Stored data entries
* * *
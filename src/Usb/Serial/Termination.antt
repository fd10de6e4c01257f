-- ===== src/Usb/Serial/Termination.antt =====
-- usb/usb_serial.c: the loop of the task ends.
use picow_bt_kb_hid.Base.{
  ℕ, zero, suc, ◌≤◌, ◌<◌, ◌≡◌, refl, sym, ap, ◌∙◌, true, false, ◌||◌, List, [], ◌++◌, if◌then◌else◌,
  Bool-cases, inl, inr, ◌==◌, length, take, arith,
}
use picow_bt_kb_hid.Usb.Serial.{Log, drain}
use picow_bt_kb_hid.Usb.Serial.Refine.{IsValid}
use picow_bt_kb_hid.Usb.Serial.Drain

module _ {S : Type 0} (write_available : S → ℕ) (write : List ℕ → S → ℕ × S)
    (takes : (bytes : List ℕ) (port : S) → (write bytes port).0 ≤ length bytes) where
  abbrev bytes_offered : Log → S → List ℕ
  bytes_offered = Drain.bytes_offered write_available write takes

  abbrev written : Log → S → ℕ
  written = Drain.written write_available write takes

  abbrev advanced : Log → S → Log
  advanced = Drain.advanced write_available write takes

  advance-IsValid : (l : Log) (port : S) → IsValid l → IsValid (advanced l port)
  advance-IsValid = Drain.advance-IsValid write_available write takes

  shorter :
      (l : Log) (port : S) (m : ℕ)
      → (written l port == 0) ≡ false
      → l.count ≤ suc m
      → (advanced l port).count ≤ m
  shorter l port m e h = let some_written : 0 < written l port = ground arith in omega arith

  abbrev round : Log → S → Log × S × List ℕ → Log × S × List ℕ
  round l port (l', port', sent) =
      if l.count == 0 || write_available port == 0
      then (l, port, [])
      else if written l port == 0
      then (l, (write (bytes_offered l port) port).1, [])
      else (l', port', take (written l port) (bytes_offered l port) ++ sent)

  drain_empty :
      (n : ℕ) (l : Log) (port : S)
      → l.count ≤ 0
      → drain write_available write n l port ≡ (l, port, [])
  unfolding drain
  drain_empty zero l port h = refl
  drain_empty (suc n) l port h =
      let none_left : (l.count == 0) ≡ true = ground arith in rw none_left refl

  -- Two results of the rest give one result of the round where they are equal as long as the round
  -- writes.
  round_same :
      (l : Log) (port : S) (r r' : Log × S × List ℕ)
      → ((written l port == 0) ≡ false → r ≡ r')
      → round l port r ≡ round l port r'
  round_same l port r r' same = elim (Bool-cases (written l port == 0)) [
    | inl e ↦ rw e refl
    | inr e ↦ ap (round l port) (same e)
  ]

  -- The loop of the task ends within as many rounds as bytes wait: with any fuel from that number
  -- on it gives the same result, on a valid ring and a port that takes no more bytes than it is
  -- offered.
  pub drain-fuel :
      (fuel : ℕ) (l : Log) (port : S)
      → IsValid l
      → l.count ≤ fuel
      → drain write_available write fuel l port ≡ drain write_available write l.count l port
  unfolding drain
  drain-fuel fuel l port v h = more_fuel fuel l.count l port v h (omega arith)
    where
      more_fuel :
          (m n : ℕ) (l : Log) (port : S)
          → IsValid l
          → l.count ≤ m
          → l.count ≤ n
          → drain write_available write m l port ≡ drain write_available write n l port
      more_fuel zero n l port v hm hn = drain_empty zero l port hm ∙ sym (drain_empty n l port hm)
      more_fuel (suc m) zero l port v hm hn = drain_empty (suc m) l port hn
      more_fuel (suc m) (suc n) l port v hm hn = round_same l port _ _ (λ e.
          more_fuel m n (advanced l port) (write (bytes_offered l port) port).1
            (advance-IsValid l port v) (shorter l port m e hm) (shorter l port n e hn))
* * *
» **Assignment**:
Repeat every line of the data verbatim.

» **Solution to the problem**:
filename src/Usb/Serial/Termination.antt
repository fd10de6e4c01257f
-- ===== src/Usb/Serial/Termination.antt =====
-- usb/usb_serial.c: the loop of the task ends.
use picow_bt_kb_hid.Base.{
  ℕ, zero, suc, ◌≤◌, ◌<◌, ◌≡◌, refl, sym, ap, ◌∙◌, true, false, ◌||◌, List, [], ◌++◌, if◌then◌else◌,
  Bool-cases, inl, inr, ◌==◌, length, take, arith,
}
use picow_bt_kb_hid.Usb.Serial.{Log, drain}
use picow_bt_kb_hid.Usb.Serial.Refine.{IsValid}
use picow_bt_kb_hid.Usb.Serial.Drain

module _ {S : Type 0} (write_available : S → ℕ) (write : List ℕ → S → ℕ × S)
    (takes : (bytes : List ℕ) (port : S) → (write bytes port).0 ≤ length bytes) where
  abbrev bytes_offered : Log → S → List ℕ
  bytes_offered = Drain.bytes_offered write_available write takes

  abbrev written : Log → S → ℕ
  written = Drain.written write_available write takes

  abbrev advanced : Log → S → Log
  advanced = Drain.advanced write_available write takes

  advance-IsValid : (l : Log) (port : S) → IsValid l → IsValid (advanced l port)
  advance-IsValid = Drain.advance-IsValid write_available write takes

  shorter :
      (l : Log) (port : S) (m : ℕ)
      → (written l port == 0) ≡ false
      → l.count ≤ suc m
      → (advanced l port).count ≤ m
  shorter l port m e h = let some_written : 0 < written l port = ground arith in omega arith

  abbrev round : Log → S → Log × S × List ℕ → Log × S × List ℕ
  round l port (l', port', sent) =
      if l.count == 0 || write_available port == 0
      then (l, port, [])
      else if written l port == 0
      then (l, (write (bytes_offered l port) port).1, [])
      else (l', port', take (written l port) (bytes_offered l port) ++ sent)

  drain_empty :
      (n : ℕ) (l : Log) (port : S)
      → l.count ≤ 0
      → drain write_available write n l port ≡ (l, port, [])
  unfolding drain
  drain_empty zero l port h = refl
  drain_empty (suc n) l port h =
      let none_left : (l.count == 0) ≡ true = ground arith in rw none_left refl

  -- Two results of the rest give one result of the round where they are equal as long as the round
  -- writes.
  round_same :
      (l : Log) (port : S) (r r' : Log × S × List ℕ)
      → ((written l port == 0) ≡ false → r ≡ r')
      → round l port r ≡ round l port r'
  round_same l port r r' same = elim (Bool-cases (written l port == 0)) [
    | inl e ↦ rw e refl
    | inr e ↦ ap (round l port) (same e)
  ]

  -- The loop of the task ends within as many rounds as bytes wait: with any fuel from that number
  -- on it gives the same result, on a valid ring and a port that takes no more bytes than it is
  -- offered.
  pub drain-fuel :
      (fuel : ℕ) (l : Log) (port : S)
      → IsValid l
      → l.count ≤ fuel
      → drain write_available write fuel l port ≡ drain write_available write l.count l port
  unfolding drain
  drain-fuel fuel l port v h = more_fuel fuel l.count l port v h (omega arith)
    where
      more_fuel :
          (m n : ℕ) (l : Log) (port : S)
          → IsValid l
          → l.count ≤ m
          → l.count ≤ n
          → drain write_available write m l port ≡ drain write_available write n l port
      more_fuel zero n l port v hm hn = drain_empty zero l port hm ∙ sym (drain_empty n l port hm)
      more_fuel (suc m) zero l port v hm hn = drain_empty (suc m) l port hn
      more_fuel (suc m) (suc n) l port v hm hn = round_same l port _ _ (λ e.
          more_fuel m n (advanced l port) (write (bytes_offered l port) port).1
            (advance-IsValid l port v) (shorter l port m e hm) (shorter l port n e hn))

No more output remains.